Schrödinger-Heisenberg Variational Quantum Algorithms.

Recent breakthroughs have opened the possibility of intermediate-scale quantum computing with tens to hundreds of qubits, and shown the potential for solving classical challenging problems, such as in chemistry and condensed matter physics. However, the high accuracy needed to surpass classical computers poses a critical demand on the circuit depth, which is severely limited by the non-negligible gate infidelity, currently around 0.1%-1%. The limited circuit depth places restrictions on the performance of variational quantum algorithms (VQA) and prevents VQAs from exploring desired nontrivial quantum states.

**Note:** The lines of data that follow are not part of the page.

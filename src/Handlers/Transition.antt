-- ===== src/Handlers/Transition.antt =====
-- `transition` and what follows it.
use specbook.Base.{Option, String}
use specbook.Rows.{Task, TaskComment, Actor, Status}
use specbook.Action.{Db}
use specbook.Action.Keeps.{
  Keeps, Keeps-pure, Keeps-gets, Keeps-or_raise, Keeps-bind, Keeps-then, Keeps-when, Keeps-attempt,
  Keeps-for_each, Keeps-check_bind, Keeps-raise_if, bind_at,
}
use specbook.Session.{Session}
use specbook.TaskService.Plan.{TransitionRequest, TransitionPlan}
use specbook.TaskService.Transition.{
  late_comment, tell_dependent, detach_cancelled_dependents, notify_court, after_swap,
  commit_transition, transition,
}
use specbook.Invariant.Planned.{plan_transition-Planned}
use specbook.Handlers.{Rules}
use specbook.Handlers.Merge.{Keeps-maybe_open_review_pr, Keeps-maybe_auto_progress}

module _ (P : Db → Type 0) (s : Session) (rules : Rules P s) where
  Keeps-late_comment : (k : TaskComment) → Keeps P (late_comment s k)
  unfolding late_comment
  Keeps-late_comment k = Keeps-then P _ _ (Keeps-raise_if P _ _) (rules.add_comment_row k)

  Keeps-detach_cancelled :
      (actor : Actor) (t : Task) → Keeps P (detach_cancelled_dependents s actor t)
  unfolding detach_cancelled_dependents tell_dependent
  Keeps-detach_cancelled actor t = Keeps-then P _ _ (Keeps-raise_if P _ _) (
      Keeps-bind P _ _ (Keeps-gets P _) λ dependents. Keeps-then P _ _ (Keeps-raise_if P _ _) (
        Keeps-then P _ _ (rules.detach_edges t.id _)
          (Keeps-for_each P dependents _ (λ d. Keeps-late_comment _))))

  Keeps-notify_court :
      (t : Task) (to : Status) (comment : Option String) → Keeps P (notify_court s t to comment)
  unfolding notify_court
  Keeps-notify_court t to comment =
      Keeps-bind P _ _ (Keeps-gets P _)
        λ members. Keeps-for_each P _ _ (λ m. rules.add_notification _)

  pub Keeps-after_swap :
      (actor : Actor) (to : Status) (plan : TransitionPlan) (t : Task)
      → Keeps P (after_swap s actor to plan t)
  unfolding after_swap
  Keeps-after_swap actor to plan t =
      Keeps-then P _ _ (Keeps-when P _ _ (λ _. Keeps-late_comment _)) (
        Keeps-then P _ _ (Keeps-when P _ _ (λ _. Keeps-detach_cancelled actor t)) (
          Keeps-then P _ _
            (Keeps-when P _ _ (λ _. Keeps-attempt P _ (Keeps-notify_court t to plan.comment)))
            (Keeps-then P _ _
              (Keeps-when P _ _ (λ _. Keeps-attempt P _ (Keeps-maybe_open_review_pr P s rules t)))
              (Keeps-then P _ _
                (Keeps-when P _ _ (λ _. Keeps-attempt P _ (Keeps-maybe_auto_progress P s rules t)))
                (Keeps-pure P t)))))

  pub Keeps-transition :
      (actor : Actor) (dto : TransitionRequest) → Keeps P (transition s actor dto)
  unfolding transition commit_transition
  Keeps-transition actor dto = Keeps-check_bind P _ _ λ db plan h e.
      let p = plan_transition-Planned s actor dto db plan e in
      bind_at P _ _ db (rules.swap_planned actor dto db plan p h)
        (λ row. Keeps-bind P _ _ (Keeps-or_raise P _ row) (Keeps-after_swap actor dto.to plan))
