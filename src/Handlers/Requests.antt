-- ===== src/Handlers/Requests.antt =====
-- `create`, `delete`, `markReady` and `removeDependency`.
use specbook.Base.{ℕ}
use specbook.Action.{Db, ◌>>◌}
use specbook.Action.Keeps.{
  Keeps, Keeps-pure, Keeps-gets, Keeps-or_raise, Keeps-bind, Keeps-then, Keeps-for_each,
  Keeps-raise_if, bind_at, check_at,
}
use specbook.Session.{Session}
use specbook.TaskRepository.{insert_task}
use specbook.TaskService.Edits.{CreateTaskRequest, create, new_task, delete}
use specbook.TaskService.MarkReady.{Scope, mark_ready}
use specbook.TaskService.Dependencies.{remove_dependency}
use specbook.Invariant.Rows.{Fresh}
use specbook.Handlers.{Rules}
use specbook.Handlers.Edits.{after_check, after_guard}

module _ (P : Db → Type 0) (s : Session) (rules : Rules P s) where
  pub create_at :
      (new_id : ℕ) (dto : CreateTaskRequest) (db : Db)
      → Fresh db new_id
      → P db
      → P (create s new_id dto db).1
  unfolding create ◌>>◌
  create_at new_id dto db fresh h = check_at P _ _ db h (λ checked.
      bind_at P (insert_task (new_task s new_id dto)) _ db
        (rules.insert_row new_id dto db fresh checked h)
        (λ _.
          Keeps-then P _ _ (Keeps-for_each P dto.depends_on _ (λ on. rules.add_edge new_id on))
            (Keeps-pure P _)))

  pub Keeps-delete : (id : ℕ) → Keeps P (delete s id)
  unfolding delete
  Keeps-delete id = after_check P _ _ λ current. after_guard P _ _ _ (rules.delete_row id)

  pub Keeps-mark_ready : (project_id : ℕ) (scope : Scope) → Keeps P (mark_ready s project_id scope)
  unfolding mark_ready
  Keeps-mark_ready project_id scope = Keeps-bind P _ _ (Keeps-gets P _) λ found.
      Keeps-bind P _ _ (Keeps-or_raise P _ _) λ proj. after_guard P _ _ _ (
        Keeps-bind P _ _ (Keeps-gets P _) λ rows. Keeps-bind P _ _ (Keeps-gets P _) λ edges.
          Keeps-bind P _ _ (Keeps-or_raise P _ _)
            λ ids. Keeps-bind P _ _ (rules.promote_rows ids) λ promoted. Keeps-pure P _)

  pub Keeps-remove_dependency : (id on : ℕ) → Keeps P (remove_dependency s id on)
  unfolding remove_dependency
  Keeps-remove_dependency id on =
      after_check P _ _
        λ current. Keeps-bind P _ _ (rules.remove_edge id on) (λ removed. Keeps-raise_if P _ _)
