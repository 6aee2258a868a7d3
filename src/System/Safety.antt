-- ===== src/System/Safety.antt =====
-- What every statement of the task service keeps, every request keeps; so the invariant of
-- Invariant.antt holds in every database that the task service reaches.
use specbook.Action.{Db}
use specbook.Session.{Session}
use specbook.Invariant.{IsValid}
use specbook.Worker.Valid.{process-IsValid}
use specbook.Invariant.Valid.{Rules-IsValid}
use specbook.Handlers.{Rules}
use specbook.Handlers.Edits.{
  Keeps-clear_assumption, Keeps-set_assumption, Keeps-check_criterion, Keeps-report_cost,
  Keeps-agent_update_spec, Keeps-update_task, Keeps-add_comment, Keeps-get_notes,
}
use specbook.Handlers.Merge.{Keeps-merge, Keeps-sync_pr}
use specbook.Handlers.Transition.{Keeps-transition}
use specbook.Handlers.Requests.{create_at, Keeps-delete, Keeps-mark_ready, Keeps-remove_dependency}
use specbook.System.{Request, serve, Admits, Run, idle, served, delivered}

module _ (P : Db → Type 0) (s : Session) (rules : Rules P s) where
  pub serve-Keeps : (r : Request) (db : Db) → Admits db r → P db → P (serve s r db)
  unfolding serve
  serve-Keeps (Request.create new_id dto) db fresh h = create_at P s rules new_id dto db fresh h
  serve-Keeps (Request.update actor dto) db a h = (Keeps-update_task P s rules actor dto).at db h
  serve-Keeps (Request.agent_update_spec dto) db a h =
      (Keeps-agent_update_spec P s rules dto).at db h
  serve-Keeps (Request.transition actor dto) db a h = (Keeps-transition P s rules actor dto).at db h
  serve-Keeps (Request.merge id) db a h = (Keeps-merge P s rules id).at db h
  serve-Keeps (Request.sync_pr id) db a h = (Keeps-sync_pr P s rules id).at db h
  serve-Keeps (Request.check_criterion id index done) db a h =
      (Keeps-check_criterion P s rules id index done).at db h
  serve-Keeps (Request.report_cost id delta) db a h = (Keeps-report_cost P s rules id delta).at db h
  serve-Keeps (Request.set_assumption actor id flag) db a h =
      (Keeps-set_assumption P s rules actor id flag).at db h
  serve-Keeps (Request.clear_assumption id) db a h = (Keeps-clear_assumption P s rules id).at db h
  serve-Keeps (Request.add_comment actor id kind body) db a h =
      (Keeps-add_comment P s rules actor id kind body).at db h
  serve-Keeps (Request.get_notes id) db a h = (Keeps-get_notes P s rules id).at db h
  serve-Keeps (Request.add_dependency id on) db a h = (rules.add_edge id on).at db h
  serve-Keeps (Request.remove_dependency id on) db a h =
      (Keeps-remove_dependency P s rules id on).at db h
  serve-Keeps (Request.delete id) db a h = (Keeps-delete P s rules id).at db h
  serve-Keeps (Request.mark_ready project_id scope) db a h =
      (Keeps-mark_ready P s rules project_id scope).at db h

-- Every request leaves a valid database valid, whether it returns or throws: identifiers stay
-- unique, work under way keeps a claimant and queued work none, the foreign keys hold, edges stay
-- within a project, and no task comes to wait for itself. A created row gets a new identifier.
pub serve-IsValid :
    (s : Session) (r : Request) (db : Db) → Admits db r → IsValid db → IsValid (serve s r db)
serve-IsValid s r db a h = serve-Keeps IsValid s (Rules-IsValid s) r db a h

-- From a valid database, every sequence of requests and webhook events reaches valid databases only,
-- whatever GitHub answers.
pub Run-IsValid : {start db : Db} → Run start db → IsValid start → IsValid db
Run-IsValid idle h = h
Run-IsValid (served run s r fresh) h = serve-IsValid s r _ fresh (Run-IsValid run h)
Run-IsValid (delivered run job event) h = process-IsValid job event _ (Run-IsValid run h)
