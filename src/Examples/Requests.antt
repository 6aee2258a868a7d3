-- ===== src/Examples/Requests.antt =====
-- Examples of the properties of the cycle check, of the queue, of `markReady`, of the automation and
-- of the system as a whole.
use specbook.TaskService.PrPlan.{plan_merge}
use specbook.TaskService.Access.{require_task}
use specbook.TaskRepository.{find_task, update_where, update, cas_update_status}
use specbook.Action.{pure, gets, check, or_raise, ◌>>◌}
use specbook.Base.{
  ℕ, Bool, true, none, some, List, [], ◌∷◌, ◌≡◌, ◌≢◌, refl, Memᴰ, ◌≤◌, ◌↔◌, ◌||◌, length,
}
use specbook.Rows.{Dependency, in_progress, agent, autonomous, user, cancelled}
use specbook.Protocol.{
  includes, autonomous_task_transitions, agent_task_transitions, human_task_transitions,
  assignee_task_transitions, grants_auto_merge, grants_auto_approve, merge_debt_cap,
}
use specbook.Protocol.Moves.{autonomous_is_union, moves_change_status}
use specbook.Result.{ok}
use specbook.ProjectRepository.{find_project, member_scope, org_guard}
use specbook.TaskRepository.Queue.{
  ListTasksFilter, find_for_org, matches, no_unfinished_dependencies, under_project_throttles,
  under_merge_debt_cap, under_budget_cap, is_available, row_matches, order,
}
use specbook.TaskRepository.Queue.Listing.{IsQueue, find_for_org-IsQueue}
use specbook.TaskRepository.Queue.Available.{IsWorkable, available-IsWorkable}
use specbook.TaskService.Cycle.{would_cycle}
use specbook.TaskService.Cycle.Reach.{Reaches}
use specbook.TaskService.Cycle.Walk.{would_cycle_decides}
use specbook.TaskService.MarkReady.{
  reachable_drafts, Scope, promote_ids, draft_ids, target_ids, is_dispatchable,
}
use specbook.TaskService.MarkReady.Selection.{promote_ids_exact}
use specbook.TaskService.MarkReady.Walk.{Needed, reachable_drafts_exact}
use specbook.TaskService.Merge.{
  maybe_auto_progress, maybe_open_review_pr, finalize_merged, merge, auto_step, merge_unflagged,
  after_approval, run_auto_step,
}
use specbook.Invariant.{IsValid}
use specbook.Workflow.Automation.{flagged_is_not_merged, autonomous_opens_no_pr}
use specbook.System.{Request, serve, Run, idle, served}
use specbook.System.Safety.{Run-IsValid}
use specbook.Examples.{
  world, world-IsValid, by_owner, by_agent, flagged, finished, queued, in_autonomous, project_of,
}

autonomous_is_union_example : includes cancelled (autonomous_task_transitions in_progress) ≡ (
    includes cancelled (agent_task_transitions in_progress)
    || includes cancelled (human_task_transitions in_progress))
autonomous_is_union_example = autonomous_is_union in_progress cancelled

cancels_at_work :
    (includes cancelled (agent_task_transitions in_progress)
      || includes cancelled (human_task_transitions in_progress)
      || includes cancelled (assignee_task_transitions in_progress)
      || includes cancelled (autonomous_task_transitions in_progress))
    ≡ true
unfolding agent_task_transitions human_task_transitions
cancels_at_work = refl

moves_change_status_example : in_progress ≢ cancelled
moves_change_status_example = moves_change_status in_progress cancelled cancels_at_work

abbrev chain : List Dependency
chain =
    record { task_id = 1; depends_on_task_id = 2 }
    ∷ record { task_id = 2; depends_on_task_id = 3 }
    ∷ []

would_cycle_decides_example :
    (b : Bool) × (would_cycle chain 3 1 ≡ some b) × ((b ≡ true) ↔ Reaches chain 1 3)
would_cycle_decides_example = would_cycle_decides chain 3 1

reachable_drafts_exact_example :
    (r : List ℕ) × (reachable_drafts chain (1 ∷ 3 ∷ []) (1 ∷ []) ≡ some r)
    × ((n : ℕ) → Memᴰ n r ↔ Needed chain (1 ∷ 3 ∷ []) (1 ∷ []) n)
reachable_drafts_exact_example = reachable_drafts_exact chain (1 ∷ 3 ∷ []) (1 ∷ [])

promote_ids_exact_example :
    (ids : List ℕ) × (promote_ids world.tasks world.dependencies Scope.project ≡ some ids)
    × ((n : ℕ)
        → Memᴰ n ids ↔ (
            Needed world.dependencies
              (draft_ids world.tasks)
              (target_ids Scope.project world.tasks)
              n
            × (is_dispatchable world.tasks n ≡ true)))
promote_ids_exact_example = promote_ids_exact world.tasks world.dependencies Scope.project

-- The queue of the agents.
abbrev available : ListTasksFilter
available = record {
  skip = 0;
  limit = 20;
  project_id = none;
  status = none;
  available = true;
  assignee_id = none;
}

find_for_org-IsQueue_example :
    IsQueue (find_for_org 0 world 1 available none).rows
    × (length (find_for_org 0 world 1 available none).rows ≤ 20)
find_for_org-IsQueue_example = find_for_org-IsQueue 0 world 1 available none

queued_matches : matches 0 world 1 available none queued ≡ true
unfolding merge_debt_cap member_scope no_unfinished_dependencies under_project_throttles
    under_merge_debt_cap under_budget_cap is_available row_matches matches order find_for_org
queued_matches = refl

available-IsWorkable_example : IsWorkable world 1 queued
available-IsWorkable_example =
    available-IsWorkable 0 world 1 available none queued refl queued_matches

-- The automation leaves the task that is done already, and does not merge the flagged one.
finished_stays : Memᴰ finished (maybe_auto_progress by_agent flagged world).1.tasks
unfolding grants_auto_merge grants_auto_approve pure gets check or_raise ◌>>◌ member_scope
    find_project org_guard find_task update_where update cas_update_status require_task plan_merge
    finalize_merged merge auto_step merge_unflagged after_approval run_auto_step maybe_auto_progress
finished_stays =
    Memᴰ.tail
      (Memᴰ.tail (Memᴰ.tail (Memᴰ.tail (Memᴰ.tail (Memᴰ.tail (Memᴰ.tail (Memᴰ.head refl)))))))

flagged_is_not_merged_example : Memᴰ finished world.tasks
flagged_is_not_merged_example =
    flagged_is_not_merged by_agent flagged refl world finished finished_stays refl

autonomous_project :
    find_project world in_autonomous.project_id 1 none ≡ some (project_of 30 autonomous)
unfolding find_project specbook.ProjectRepository.member_scope
autonomous_project = refl

autonomous_opens_no_pr_example : maybe_open_review_pr by_agent in_autonomous world ≡ (ok tt, world)
autonomous_opens_no_pr_example =
    autonomous_opens_no_pr by_agent in_autonomous world (project_of 30 autonomous)
      autonomous_project refl

-- A session of requests: an agent claims a task, the owner cancels it and promotes the drafts.
abbrev claim : Request
claim = Request.transition agent (record { id = 6; to = in_progress; comment = none })

abbrev cancel : Request
cancel = Request.transition user (record { id = 6; to = cancelled; comment = none })

session : Run world (serve by_owner cancel (serve by_agent claim world))
session = served (served idle by_agent claim tt) by_owner cancel tt

Run-IsValid_example : IsValid (serve by_owner cancel (serve by_agent claim world))
Run-IsValid_example = Run-IsValid session world-IsValid
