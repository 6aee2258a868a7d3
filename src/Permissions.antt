-- ===== src/Permissions.antt =====
-- packages/contracts/src/permissions: the permissions that each role of an organization has.
use specbook.Base.{
  ◌≡◌, refl, sym, ap, ◌∙◌, String, Bool, true, false, some, List, [], ◌∷◌, Memᴰ, any, any_elim, all,
  is_text, if◌then◌else◌, arith,
}
use mathlib.Core.List.Memᴰ
use mathlib.Core.Path.{subst}
use text.Mathlib.TextEquality.{eq_iff}

-- PERMISSIONS
unfoldable pub permissions : List String
permissions =
    "auth:read-self" ∷ "auth:change-password" ∷ "auth:logout" ∷ "org:list" ∷ "org:read"
    ∷ "org:create" ∷ "org:update" ∷ "org:switch" ∷ "org:invite" ∷ "user:list" ∷ "user:read"
    ∷ "user:create" ∷ "user:update" ∷ "user:delete" ∷ "user:create-owner" ∷ "user:promote-owner"
    ∷ "user:remove-owner" ∷ "job:create" ∷ "notification:list" ∷ "notification:read"
    ∷ "notification:update" ∷ "notification:delete" ∷ "settings:read" ∷ "settings:update"
    ∷ "server:shell" ∷ "project:list" ∷ "project:read" ∷ "project:create" ∷ "project:update"
    ∷ "project:delete" ∷ "project:grant-access" ∷ "task:list" ∷ "task:read" ∷ "task:create"
    ∷ "task:update" ∷ "task:delete" ∷ "task:transition" ∷ "task:merge" ∷ "task:comment"
    ∷ "research:read" ∷ "research:create" ∷ "research:update" ∷ "research:accept"
    ∷ "research:delete" ∷ "attachment:create" ∷ "attachment:list" ∷ "attachment:read"
    ∷ "attachment:delete" ∷ []

-- ROLE_PERMISSIONS, by role
unfoldable pub owner_permissions : List String
owner_permissions =
    "auth:read-self" ∷ "auth:change-password" ∷ "auth:logout" ∷ "org:list" ∷ "org:read"
    ∷ "org:create" ∷ "org:update" ∷ "org:switch" ∷ "org:invite" ∷ "user:list" ∷ "user:read"
    ∷ "user:create" ∷ "user:update" ∷ "user:delete" ∷ "user:create-owner" ∷ "user:promote-owner"
    ∷ "user:remove-owner" ∷ "job:create" ∷ "notification:list" ∷ "notification:read"
    ∷ "notification:update" ∷ "notification:delete" ∷ "settings:read" ∷ "settings:update"
    ∷ "server:shell" ∷ "project:list" ∷ "project:read" ∷ "project:create" ∷ "project:update"
    ∷ "project:delete" ∷ "project:grant-access" ∷ "task:list" ∷ "task:read" ∷ "task:create"
    ∷ "task:update" ∷ "task:delete" ∷ "task:transition" ∷ "task:merge" ∷ "task:comment"
    ∷ "research:read" ∷ "research:create" ∷ "research:update" ∷ "research:accept"
    ∷ "research:delete" ∷ "attachment:create" ∷ "attachment:list" ∷ "attachment:read"
    ∷ "attachment:delete" ∷ []

unfoldable pub admin_permissions : List String
admin_permissions =
    "auth:read-self" ∷ "auth:change-password" ∷ "auth:logout" ∷ "org:list" ∷ "org:read"
    ∷ "org:create" ∷ "org:switch" ∷ "org:invite" ∷ "user:list" ∷ "user:read" ∷ "user:create"
    ∷ "user:update" ∷ "user:delete" ∷ "job:create" ∷ "notification:list" ∷ "notification:read"
    ∷ "notification:update" ∷ "notification:delete" ∷ "settings:read" ∷ "settings:update"
    ∷ "project:list" ∷ "project:read" ∷ "project:create" ∷ "project:update" ∷ "project:delete"
    ∷ "project:grant-access" ∷ "task:list" ∷ "task:read" ∷ "task:create" ∷ "task:update"
    ∷ "task:delete" ∷ "task:transition" ∷ "task:merge" ∷ "task:comment" ∷ "research:read"
    ∷ "research:create" ∷ "research:update" ∷ "research:accept" ∷ "research:delete"
    ∷ "attachment:create" ∷ "attachment:list" ∷ "attachment:read" ∷ "attachment:delete" ∷ []

unfoldable pub member_permissions : List String
member_permissions =
    "auth:read-self" ∷ "auth:change-password" ∷ "auth:logout" ∷ "org:list" ∷ "org:read"
    ∷ "org:create" ∷ "org:switch" ∷ "notification:list" ∷ "notification:read"
    ∷ "notification:update" ∷ "notification:delete" ∷ "settings:read" ∷ "project:list"
    ∷ "project:read" ∷ "task:list" ∷ "task:read" ∷ "task:create" ∷ "task:update" ∷ "task:transition"
    ∷ "task:comment" ∷ "research:read" ∷ "research:create" ∷ "research:update" ∷ "research:accept"
    ∷ "attachment:create" ∷ "attachment:list" ∷ "attachment:read" ∷ "attachment:delete" ∷ []

-- `ROLE_PERMISSIONS[role] ?? []`, getPermissionsForRole
unfoldable pub get_permissions_for_role : String → List String
unfolding owner_permissions admin_permissions member_permissions
get_permissions_for_role role =
    if is_text (some role) "OWNER"
    then owner_permissions
    else if is_text (some role) "ADMIN"
    then admin_permissions
    else if is_text (some role) "MEMBER"
    then member_permissions
    else []

-- `list.includes(p)`
abbrev pub lists : List String → String → Bool
lists granted p = any (is_text (some p)) granted

-- hasPermission
unfoldable pub has_permission : String → String → Bool
unfolding get_permissions_for_role
has_permission role p = lists (get_permissions_for_role role) p

-- hasAnyPermission
unfoldable pub has_any_permission : String → List String → Bool
unfolding get_permissions_for_role
has_any_permission role wanted = any (lists (get_permissions_for_role role)) wanted

-- hasAllPermissions
unfoldable pub has_all_permissions : String → List String → Bool
unfolding get_permissions_for_role
has_all_permissions role wanted = all (lists (get_permissions_for_role role)) wanted

all_elim :
    (p : String → Bool) (xs : List String) {a : String} → all p xs ≡ true → Memᴰ a xs → p a ≡ true
all_elim p [] h m = absurd (Memᴰ.not-nil m)
all_elim p (x ∷ xs) h (Memᴰ.head e) = ap p e ∙ ground arith
all_elim p (x ∷ xs) h (Memᴰ.tail m) = all_elim p xs (ground arith) m

-- A list whose every entry another one lists grants no more than that one.
granted_within :
    (fewer more : List String) (p : String)
    → all (lists more) fewer ≡ true
    → lists fewer p ≡ true
    → lists more p ≡ true
granted_within fewer more p covered h =
    let (q, m, same) = any_elim (is_text (some p)) fewer h in
    subst (λ r. lists more r ≡ true) (sym ((eq_iff p q).0 same))
      (all_elim (lists more) fewer covered m)

member_within : all (lists admin_permissions) member_permissions ≡ true
unfolding admin_permissions member_permissions
member_within = refl

admin_within : all (lists owner_permissions) admin_permissions ≡ true
unfolding admin_permissions owner_permissions
admin_within = refl

owner_within : all (lists permissions) owner_permissions ≡ true
unfolding permissions owner_permissions
owner_within = refl

-- What a member may do an admin may do.
pub members_are_admins :
    (p : String) → has_permission "MEMBER" p ≡ true → has_permission "ADMIN" p ≡ true
unfolding has_permission get_permissions_for_role
members_are_admins p = granted_within member_permissions admin_permissions p member_within

-- What an admin may do an owner may do.
pub admins_are_owners :
    (p : String) → has_permission "ADMIN" p ≡ true → has_permission "OWNER" p ≡ true
unfolding has_permission get_permissions_for_role
admins_are_owners p = granted_within admin_permissions owner_permissions p admin_within

-- No role, a known or an unknown one, has a permission outside the catalogue.
pub granted_is_catalogued :
    (role p : String) → has_permission role p ≡ true → lists permissions p ≡ true
unfolding has_permission get_permissions_for_role
granted_is_catalogued role p h =
    by_role (is_text (some role) "OWNER") (is_text (some role) "ADMIN")
      (is_text (some role) "MEMBER") h
  where
    of_owner : lists owner_permissions p ≡ true → lists permissions p ≡ true
    of_owner = granted_within owner_permissions permissions p owner_within

    of_admin : lists admin_permissions p ≡ true → lists permissions p ≡ true
    of_admin h = of_owner (granted_within admin_permissions owner_permissions p admin_within h)

    by_role :
        (o a m : Bool)
        → lists
            (if o
              then owner_permissions
              else if a
              then admin_permissions
              else if m
              then member_permissions
              else [])
            p
          ≡ true
        → lists permissions p ≡ true
    by_role true a m h = of_owner h
    by_role false true m h = of_admin h
    by_role false false true h =
        of_admin (granted_within member_permissions admin_permissions p member_within h)
    by_role false false false h = cc
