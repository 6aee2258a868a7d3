-- ===== src/Examples/Rules.antt =====
-- Examples of the rules of packages/server and of the permissions.
use specbook.Base.{true, false, some, List, [], ◌∷◌, ◌≡◌, refl, Memᴰ, is_text, count_where, leb}
use specbook.Rows.{retryable}
use specbook.Github.{CiJob}
use specbook.Server.AutoDeploy.{
  DeploymentVerdict, compute_auto_deploy_paused, is_auto_failure, since_settled,
  paused_counts_auto_failures,
}
use specbook.Server.CiClassify.{
  CiRunFacts, classify_ci_failure, classify_jobs, first_external, spaced,
  retryable_is_never_a_failure,
}
use specbook.Permissions.{
  has_permission, lists, permissions, get_permissions_for_role, owner_permissions,
  admin_permissions, member_permissions, members_are_admins, admins_are_owners,
  granted_is_catalogued,
}

abbrev history : List DeploymentVerdict
history =
    record { status = "failed"; trigger = "auto" }
    ∷ record { status = "failed"; trigger = "manual" }
    ∷ record { status = "failed"; trigger = "auto" }
    ∷ record { status = "healthy"; trigger = "auto" }
    ∷ []

paused_counts_auto_failures_example :
    compute_auto_deploy_paused history ≡ leb 2 (count_where is_auto_failure (since_settled history))
paused_counts_auto_failures_example = paused_counts_auto_failures history

abbrev slow_job : CiJob
slow_job = record { name = "test"; conclusion = some "timed_out"; steps = [] }

abbrev slow_run : CiRunFacts
slow_run = record { run_conclusion = "failure"; jobs = slow_job ∷ [] }

slow_run_retryable :
    classify_ci_failure slow_run
    ≡ some (record { kind = retryable; pointer = "job test timed out" })
unfolding classify_ci_failure classify_jobs first_external spaced
slow_run_retryable = refl

retryable_is_never_a_failure_example : is_text slow_job.conclusion "failure" ≡ false
retryable_is_never_a_failure_example =
    retryable_is_never_a_failure slow_run slow_job slow_run_retryable refl refl (Memᴰ.head refl)

member_comments : has_permission "MEMBER" "task:comment" ≡ true
unfolding has_permission get_permissions_for_role owner_permissions admin_permissions
    member_permissions
member_comments = refl

members_are_admins_example : has_permission "ADMIN" "task:comment" ≡ true
members_are_admins_example = members_are_admins "task:comment" member_comments

admin_merges : has_permission "ADMIN" "task:merge" ≡ true
unfolding has_permission get_permissions_for_role owner_permissions admin_permissions
    member_permissions
admin_merges = refl

admins_are_owners_example : has_permission "OWNER" "task:merge" ≡ true
admins_are_owners_example = admins_are_owners "task:merge" admin_merges

granted_is_catalogued_example : lists permissions "task:comment" ≡ true
granted_is_catalogued_example = granted_is_catalogued "MEMBER" "task:comment" member_comments

-- Only an owner opens a shell on a server, and an unknown role may do nothing.
no_shell : has_permission "ADMIN" "server:shell" ≡ false
unfolding has_permission get_permissions_for_role owner_permissions admin_permissions
    member_permissions
no_shell = refl

stale_role : has_permission "EDITOR" "task:read" ≡ false
unfolding has_permission get_permissions_for_role owner_permissions admin_permissions
    member_permissions
stale_role = refl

To resolve this problem, we propose a paradigm of Schrödinger-Heisenberg variational quantum algorithms (SHVQA). Using SHVQA, the expectation values of operators on states that require very deep circuits to prepare can now be efficiently measured by rather shallow circuits. The idea is to incorporate a virtual Heisenberg circuit, which acts effectively on the measurement observables, into a real shallow Schrödinger circuit, which is implemented realistically on the quantum hardware. We choose a Clifford virtual circuit, whose effect on the Hamiltonian can be seen as efficient classical processing. Yet, it greatly enlarges the state's expressivity, realizing much larger unitary t designs. Our method enables accurate quantum simulation and computation that otherwise are only achievable with much deeper circuits or more accurate operations conventionally. This has been verified in our numerical experiments for a better approximation of random states, higher-fidelity solutions to the XXZ model, and the electronic structure Hamiltonians of small molecules. Thus, together with effective quantum error mitigation, our work paves the way for realizing accurate quantum computing algorithms with near-term quantum devices.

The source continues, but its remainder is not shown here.